E.D. Morris 1,2*, P. Klahr3, C. Glide-Hurst1,2 (1) Henry Ford Health System, Detroit, MI, (2) Wayne State University, Detroit, MI, (3) Philips Healthcare, Cleveland, Ohio

Presentations

MO-DE-207A-12 (Monday, August 1, 2016) 1:45 PM - 3:45 PM Room: 207A


Purpose: While 4DCT provides organ/tumor motion information, it often samples data over 10-20 breathing cycles. For patients presenting with compromised pulmonary function, breathing patterns can change over the acquisition time, potentially leading to tumor delineation discrepancies. This work introduces a novel adaptive velocity-modulated binning (AVB) 4DCT algorithm that modulates the reconstruction based on the respiratory waveform, yielding a patient-specific 4DCT solution.

Methods: AVB was implemented in a research reconstruction configuration. After filtering the respiratory waveform, the algorithm examines neighboring data to a phase reconstruction point and the temporal gate is widened until the difference between the reconstruction point and waveform exceeds a threshold value—defined as percent difference between maximum/minimum waveform amplitude. The algorithm only impacts reconstruction if the gate width exceeds a set minimum temporal width required for accurate reconstruction. A sensitivity experiment of threshold values (0.5, 1, 5, 10, and 12%) was conducted to examine the interplay between threshold, signal to noise ratio (SNR), and image sharpness for phantom and several patient 4DCT cases using ten-phase reconstructions. Individual phase reconstructions were examined. Subtraction images and regions of interest were compared to quantify changes in SNR.

Results: AVB increased signal in reconstructed 4DCT slices for respiratory waveforms that met the prescribed criteria. For the end-exhale phases, where the respiratory velocity is low, patient data revealed a threshold of 0.5% demonstrated increased SNR in the AVB reconstructions.
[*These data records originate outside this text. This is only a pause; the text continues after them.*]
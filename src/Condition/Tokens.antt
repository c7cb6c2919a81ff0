-- ===== src/Condition/Tokens.antt =====
-- The tokens of a condition, and what the operators do on the values. A `string` token has its text
-- without the quotes, an `ident` its key without `state.`; numbers are integers.
use syndicateclaw.Base.{Bool, not, Option, none, some, String, if◌then◌else◌}
use syndicateclaw.Json.{ℤ, Value, boolean, list, Items, truthy, value_eq, less, at_most, is_in}

pub data Op : Type 0 where
  eq ne gt ge lt le : Op

pub data Keyword : Type 0 where
  kw_and kw_or kw_not kw_in : Keyword

pub data Token : Type 0 where
  ident : String → Token
  int : ℤ → Token
  string : String → Token
  bool : Bool → Token
  none_token : Token
  keyword : Keyword → Token
  op : Op → Token
  lparen rparen lbracket rbracket comma : Token

-- `_COMPARE_OPS`; `none` is a TypeError
unfoldable pub compare_op : Op → Value → Value → Option Value
compare_op eq a b = some (boolean (value_eq a b))
compare_op ne a b = some (boolean (not (value_eq a b)))
compare_op gt a b = elim (less b a) [ none ↦ none | some r ↦ some (boolean r) ]
compare_op ge a b = elim (at_most b a) [ none ↦ none | some r ↦ some (boolean r) ]
compare_op lt a b = elim (less a b) [ none ↦ none | some r ↦ some (boolean r) ]
compare_op le a b = elim (at_most a b) [ none ↦ none | some r ↦ some (boolean r) ]

-- `left in right`
unfoldable pub member_of : Value → Items → Option Value
member_of v vs = elim (is_in v (list vs)) [ none ↦ none | some r ↦ some (boolean r) ]

-- `a or b`, `a and b` and `not a`
abbrev pub either_value : Value → Value → Value
either_value a b = if truthy a then a else b

abbrev pub both_values : Value → Value → Value
both_values a b = if truthy a then b else a

abbrev pub negate : Value → Value
negate a = boolean (not (truthy a))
For intermediate breathing phases, threshold values were required to be >10% to notice appreciable changes in CT intensity with AVB. AVB reconstructions exhibited appreciably higher SNR and reduced noise in regions of interest that were photon deprived such as the liver.

Conclusion: We demonstrated that patient-specific velocity-based 4DCT reconstruction is feasible. Image noise was reduced with AVB, suggesting potential applications for low-dose acquisitions and to improve 4DCT reconstruction for irregular breathing patients.

Funding Support, Disclosures, and Conflict of Interest: The submitting institution holds research agreements with Philips Healthcare.